Scientists Unlock Venus’s 60-Year Atmospheric Mystery
Researchers have finally identified the primary force driving Venus’s super-fast winds, solving a puzzle that has baffled scientists since the 1960s. The discovery reveals that daily solar heating creates thermal tides that power the planet’s extreme atmospheric superrotation.
Key Findings
- Daily thermal tides from the Sun drive Venus’s super-fast winds
- Venus’s atmosphere rotates 60 times faster than the planet itself
- Discovery overturns previous theories about twice-daily tides
- Findings apply consistently across both hemispheres
Decades of Data Reveal the Truth
A comprehensive study combining nearly 20 years of observations from ESA’s Venus Express and JAXA’s Akatsuki orbiters has pinpointed diurnal heating as the main driver behind Venus’s atmospheric superrotation. The research merged radio wave monitoring of atmospheric behavior with high-resolution circulation simulations.
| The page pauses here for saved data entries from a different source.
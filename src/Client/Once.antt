-- ===== src/Client/Once.antt =====
-- The life of the requests of a MsgClient of src/task_msg.cpp: no callback is called twice.
use task_monitor.Base.{
  ℕ, suc, ◌≡◌, refl, List, [], ◌∷◌, ◌++◌, Option, none, some, arith, ℤ, pos, ok_code,
}
use task_monitor.Ring.{RingBuf}
use task_monitor.ListApi.{ListApi, IsListApi}
use task_monitor.Json.{Json}
use task_monitor.Client.{
  MsgRequest, node_of, MsgClient, Call, call_of, ended, null, drop_request, msg_client_req_timer_cb,
}
use task_monitor.Client.Responses.{process_rsp_data}
use task_monitor.Client.Receive.{find_request, respond}
use task_monitor.Client.Pending.{Inv, find-delete}

module _ (js : Json) (C : Type 0) (rb : RingBuf) (api : ListApi (MsgRequest js C)) where
  abbrev Client : Type 0
  Client = MsgClient js C rb api

  -- A callback is called at most once for a response.
  abbrev pub AtMostOne : List (Call js C) → Type 0
  AtMostOne [] = Unit {0}
  AtMostOne (_ ∷ []) = Unit {0}
  AtMostOne (_ ∷ _ ∷ _) = ⊥

  pub process_rsp_data-AtMostOne :
      (req : MsgRequest js C) (ret : ℤ) (value : Option js.Value)
      → AtMostOne (process_rsp_data js C rb api req ret value).1
  unfolding process_rsp_data
  process_rsp_data-AtMostOne req ret value = ground arith

  -- The two ways of a response.
  pub respond_missing :
      (c : Client) (id : ℕ) (ret : ℤ) (value : Option js.Value)
      → find_request js C id (api.entries c.request_list) ≡ none
      → respond js C rb api c id ret value ≡ (ok_code, c)
  unfolding respond
  respond_missing c id ret value e = rw (e, respond)

  pub respond_found :
      (c : Client) (id : ℕ) (ret : ℤ) (value : Option js.Value) (req : MsgRequest js C)
      → find_request js C id (api.entries c.request_list) ≡ some req
      → let r = process_rsp_data js C rb api req ret value in
        respond js C rb api c id ret value ≡ (r.0, ended js C rb api c req r.1)
  unfolding respond
  respond_found c id ret value req e = rw (e, respond)

  module _ (list : IsListApi (node_of js C) api) where
    pub find-ended :
        (c : Client) (id : ℕ) (req : MsgRequest js C) (calls : List (Call js C))
        → Inv js C rb api list c
        → find_request js C id (api.entries c.request_list) ≡ some req
        → find_request js C id (api.entries (ended js C rb api c req calls).request_list) ≡ none
    unfolding drop_request
    find-ended c id req calls v e =
        rw (list.entries_del req.node c.request_list)
          (find-delete js C id (suc c.cur_req_id) (api.entries c.request_list) req v.ids v.nodes e)

    -- Under the invariant, a request that was answered is gone: its callback was called at most
    -- once by the answer, and a second response of the same id, whatever it says, is passed over
    -- with result 0 and changes nothing.
    pub respond-once :
        (c : Client) (id : ℕ) (ret ret' : ℤ) (value value' : Option js.Value)
        (req : MsgRequest js C)
        → Inv js C rb api list c
        → find_request js C id (api.entries c.request_list) ≡ some req
        → let c' = (respond js C rb api c id ret value).1 in
          ((new : List (Call js C)) × (c'.calls ≡ c.calls ++ new) × AtMostOne new)
          × (respond js C rb api c' id ret' value' ≡ (ok_code, c'))
    unfolding drop_request
    respond-once c id ret ret' value value' req v e =
        let new = (process_rsp_data js C rb api req ret value).1 in
        rw (respond_found c id ret value req e) (
          (new, refl, process_rsp_data-AtMostOne req ret value),
          respond_missing (ended js C rb api c req new) id ret' value'
              (find-ended c id req new v e),
        )

    -- A request that timed out is gone too: its callback, if it has one, was called once with
    -- EVENT_ERROR_TIMEOUT and no data, and a late response changes nothing.
    pub timeout_then_response :
        (c : Client) (id : ℕ) (ret : ℤ) (value : Option js.Value) (req : MsgRequest js C)
        → Inv js C rb api list c
        → find_request js C id (api.entries c.request_list) ≡ some req
        → let c' = msg_client_req_timer_cb js C rb api c req in
          (c'.calls ≡ c.calls ++ call_of js C rb api req (pos 2) null)
          × (respond js C rb api c' id ret value ≡ (ok_code, c'))
    unfolding msg_client_req_timer_cb
    timeout_then_response c id ret value req v e =
        let new = call_of js C rb api req (pos 2) null in
        (
          refl,
          respond_missing (ended js C rb api c req new) id ret value (find-ended c id req new v e),
        )
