-- ===== src/Scheduler/Actions.antt =====
-- What a schedule does when it runs: runAction and safeConsoleCommand of
-- source/internal/scheduler/scheduler.go.
use bonghos.Base.{
  ℕ, ◌+◌, ℤ, String, Bool, ◌||◌, not, List, [], ◌∷◌, ◌++◌, Option, none, some, ◌==◌, if◌then◌else◌,
  eqb, any,
}
use bonghos.Base.Text.{Text, codes, text_eq, trim_space}

pub record SequenceStep : Type 0 where
  pub offset_seconds : ℤ
  pub action : String
  pub payload : Text

-- The decoded payload; a field that is missing is empty.
pub record Payload : Type 0 where
  pub command : Text
  pub message : Text
  pub backup_type : Text
  pub steps : List SequenceStep

-- The calls of the Executor that change the server.
pub data Call : Type 0 where
  start_server stop_server restart_server save_all : Call
  send_command : Text → Call
  broadcast : Text → Call
  create_backup : Text → Call

pub data ActionError : Type 0 where
  executor_error : String → ActionError
  rejected_by_policy : ActionError
  unknown_action : String → ActionError
  cancelled : ActionError

-- What was called, in order, and the error.
pub record Performed : Type 0 where
  pub calls : List Call
  pub error : Option ActionError

-- safeConsoleCommand
unfoldable pub safe_console_command : Text → Bool
safe_console_command raw =
    let cmd = trim_space raw in not (text_eq cmd [] || any (λ r. eqb r 10 || eqb r 13) cmd)

-- The executor's answer to the n-th call; `none` is success.
abbrev pub Answers : Type 0
Answers = ℕ → Call → Option String

abbrev pub wrap : Option String → Option ActionError
wrap none = none
wrap (some e) = some (executor_error e)

unfoldable pub call : Answers → ℕ → Call → Performed
call answers n c = record { calls = c ∷ []; error = wrap (answers n c) }

abbrev pub backup_or_default : Text → Text
backup_or_default t = if text_eq t [] then codes "full_server" else t

-- runAction for everything but a sequence; `n` calls were made before.
unfoldable pub run_single : Answers → ℕ → String → Payload → Performed
run_single answers n action p =
    if action == "start_server"
    then call answers n start_server
    else if action == "stop_server"
    then call answers n stop_server
    else if action == "restart_server"
    then call answers n restart_server
    else if action == "send_console_command"
    then (if not (safe_console_command p.command)
        then record { calls = []; error = some rejected_by_policy }
        else call answers n (send_command p.command))
    else if action == "broadcast_message"
    then call answers n (broadcast p.message)
    else if action == "save_all"
    then call answers n save_all
    else if action == "create_backup"
    then call answers n (create_backup (backup_or_default p.backup_type))
    else record { calls = []; error = some (unknown_action action) }

-- The payload of a step has no steps of its own, so a sequence within a sequence does nothing.
unfoldable pub run_step : Answers → ℕ → SequenceStep → Performed
run_step answers n step =
    if step.action == "sequence"
    then record { calls = []; error = none }
    else run_single answers n step.action (record {
      command = step.payload;
      message = step.payload;
      backup_type = step.payload;
      steps = [];
    })

abbrev pub count_calls : List Call → ℕ
count_calls [] = 0
count_calls (c ∷ cs) = count_calls cs + 1

abbrev pub and_then : Performed → Performed → Performed
and_then p q = elim p.error [
  | none ↦ record { calls = p.calls ++ q.calls; error = q.error }
  | some e ↦ p
]

-- The loop over the steps; `interrupted k` is the context's end while step `k` is awaited.
unfoldable pub run_steps : Answers → (ℕ → Bool) → ℕ → ℕ → List SequenceStep → Performed
run_steps answers interrupted k n [] = record { calls = []; error = none }
run_steps answers interrupted k n (step ∷ rest) =
    let p = run_step answers n step in
    let q = run_steps answers interrupted (k + 1) (n + count_calls p.calls) rest in
    if interrupted k then record { calls = []; error = some cancelled } else and_then p q

-- runAction
unfoldable pub run_action : Answers → (ℕ → Bool) → String → Payload → Performed
run_action answers interrupted action p =
    if action == "sequence"
    then run_steps answers interrupted 0 0 p.steps
    else run_single answers 0 action p
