-- ===== src/Scheduler/Cron.antt =====
-- Cron expressions: cronField and nextCron of source/internal/scheduler/scheduler.go. An instant is its
-- second since year 1, and what the zone's clock shows then is given as `reading`.
use bonghos.Base.{
  ℕ, zero, suc, ◌+◌, ◌*◌, ◌/◌, ◌%◌, ◌^◌, Bool, ◌&&◌, ◌||◌, List, [], ◌∷◌, ◌++◌, Option, none, some,
  if◌then◌else◌, eqb, ltb, leb, any, ℤ, pos, negsuc,
}
use bonghos.Base.Text.{Text, text_eq}
use bonghos.Base.Parse.{split_on, cut_at, fields_of, atoi}

abbrev star : Text
star = b'*' ∷ []

-- `v <= end` for a 64-bit v, given as its value modulo 2 ^ 64.
abbrev pub at_most : ℕ → ℕ → Bool
at_most v end = leb (2 ^ 63) v || leb v end

abbrev pub add_value : ℕ → Option (List ℕ) → Option (List ℕ)
add_value v none = none
add_value v (some vs) = some (v ∷ vs)

-- The loop `for v := start; v <= end; v += step`; `none` is out of fuel.
unfoldable pub cron_values : ℕ → ℕ → ℕ → ℕ → Option (List ℕ)
cron_values zero v end step = none
cron_values (suc fuel) v end step =
    let rest = cron_values fuel ((v + step) % 2 ^ 64) end step in
    if at_most v end then add_value v rest else some []

abbrev pub enough : ℕ → ℕ
enough end = 2 * end + 4

abbrev positive : Text → Option ℤ → Option (Text × ℕ)
positive base (some (pos (suc n))) = some (base, suc n)
positive base (some (pos zero)) = none
positive base (some (negsuc n)) = none
positive base none = none

-- The part without its step, and the step.
abbrev pub step_of : Text → Option (Text × Text) → Option (Text × ℕ)
step_of part none = some (part, 1)
step_of part (some p) = positive p.0 (atoi p.1)

abbrev both : Option ℤ → Option ℤ → Option (ℤ × ℤ)
both (some a) (some b) = some (a, b)
both (some a) none = none
both none b = none

abbrev pub ends_of : Text → Option (Text × Text) → Option (ℤ × ℤ)
ends_of base none = both (atoi base) (atoi base)
ends_of base (some p) = both (atoi p.0) (atoi p.1)

abbrev pub range_of : ℕ → ℕ → Text → Option (ℤ × ℤ)
range_of lo hi base =
    if text_eq base star then some (pos lo, pos hi) else ends_of base (cut_at b'-' base)

abbrev pub values_between : ℕ → ℕ → ℕ → Option (ℤ × ℤ) → Option (List ℕ)
values_between lo hi step (some (pos start, pos end)) =
    if ltb start lo || ltb hi end || ltb end start
    then none
    else cron_values (enough end) start end step
values_between lo hi step _ = none

abbrev pub values_of : ℕ → ℕ → Option (Text × ℕ) → Option (List ℕ)
values_of lo hi none = none
values_of lo hi (some p) = values_between lo hi p.1 (range_of lo hi p.0)

abbrev union : Option (List ℕ) → Option (List ℕ) → Option (List ℕ)
union (some vs) (some ws) = some (vs ++ ws)
union (some vs) none = none
union none ws = none

unfoldable pub cron_parts : ℕ → ℕ → List Text → Option (List ℕ)
cron_parts lo hi [] = some []
cron_parts lo hi (part ∷ parts) =
    union (values_of lo hi (step_of part (cut_at b'/' part))) (cron_parts lo hi parts)

-- cronField; `none` is its error.
unfoldable pub cron_field : Text → ℕ → ℕ → Option (List ℕ)
cron_field f lo hi = cron_parts lo hi (split_on b',' f)

-- What the clock shows: the month, day of the month, day of the week, hour and minute.
pub record Reading : Type 0 where
  pub month : ℕ
  pub day : ℕ
  pub weekday : ℕ
  pub hour : ℕ
  pub minute : ℕ

-- The five sets that a cron expression stands for.
pub record CronSets : Type 0 where
  pub minutes : List ℕ
  pub hours : List ℕ
  pub days : List ℕ
  pub months : List ℕ
  pub weekdays : List ℕ

abbrev pub in_set : List ℕ → ℕ → Bool
in_set vs n = any (λ v. eqb v n) vs

abbrev pub matches : CronSets → Reading → Bool
matches s r =
    in_set s.months r.month
    && (in_set s.days r.day
        && (in_set s.weekdays r.weekday && (in_set s.hours r.hour && in_set s.minutes r.minute)))

pub data CronResult : Type 0 where
  found : ℕ → CronResult
  bad_expression no_match out_of_fuel : CronResult

-- The search of nextCron from minute to minute.
unfoldable pub cron_search : ℕ → (ℕ → Reading) → CronSets → ℕ → ℕ → CronResult
cron_search zero reading sets limit t = out_of_fuel
cron_search (suc fuel) reading sets limit t =
    let rest = cron_search fuel reading sets limit (t + 60) in
    if ltb t limit then (if matches sets (reading t) then found t else rest) else no_match

abbrev sets_of_fields :
    Option (List ℕ)
    → Option (List ℕ)
    → Option (List ℕ)
    → Option (List ℕ)
    → Option (List ℕ)
    → Option CronSets
sets_of_fields (some a) (some b) (some c) (some d) (some e) =
    some (record { minutes = a; hours = b; days = c; months = d; weekdays = e })
sets_of_fields _ _ _ _ _ = none

abbrev pub cron_sets : List Text → Option CronSets
cron_sets (a ∷ b ∷ c ∷ d ∷ e ∷ []) =
    sets_of_fields (cron_field a 0 59) (cron_field b 0 23) (cron_field c 1 31) (cron_field d 1 12)
      (cron_field e 0 6)
cron_sets _ = none

-- `after.Truncate(time.Minute).Add(time.Minute)`
abbrev pub next_minute : ℕ → ℕ
next_minute after = (after / 60 + 1) * 60

abbrev pub search_from : (ℕ → Reading) → ℕ → ℕ → Option CronSets → CronResult
search_from reading limit after none = bad_expression
search_from reading limit after (some sets) =
    cron_search (limit + 1) reading sets limit (next_minute after)

-- nextCron; `limit` is two years after `after`.
unfoldable pub next_cron : (ℕ → Reading) → (ℕ → ℕ) → Text → ℕ → CronResult
next_cron reading two_years_later expr after =
    search_from reading (two_years_later after) after (cron_sets (fields_of expr))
The results challenge long-standing assumptions, showing that daily thermal tides are significantly stronger than the twice-daily tides previously thought responsible for carrying momentum.
Hemispheric Breakthrough
One major advancement in this study is the inclusion of Venus’s Southern Hemisphere, which had been largely overlooked in earlier research. The analysis confirms that the daily thermal tide mechanism works consistently across both hemispheres, pushing energy toward cloud tops and sustaining extreme wind speeds at altitudes around 70 kilometers.
This discovery solidifies the connection between solar heating and atmospheric velocity, with thermal tides effectively dragging winds along to create a momentum pump that keeps the atmosphere racing around the slow-spinning planet.
Solving a 60-Year Cosmic Puzzle
Since the first spacecraft observations in the 1960s revealed that Venus’s atmosphere circles the planet in just four Earth days, scientists have proposed various theories to explain the phenomenon. Previous explanations included gravity waves, complex circulation cells, and surface-atmosphere interactions.
The new findings not only identify the primary driver but also unify decades of scattered evidence. With this clearer understanding of Venus’s atmospheric engine, researchers can now better study how superrotation develops on other planets throughout the universe.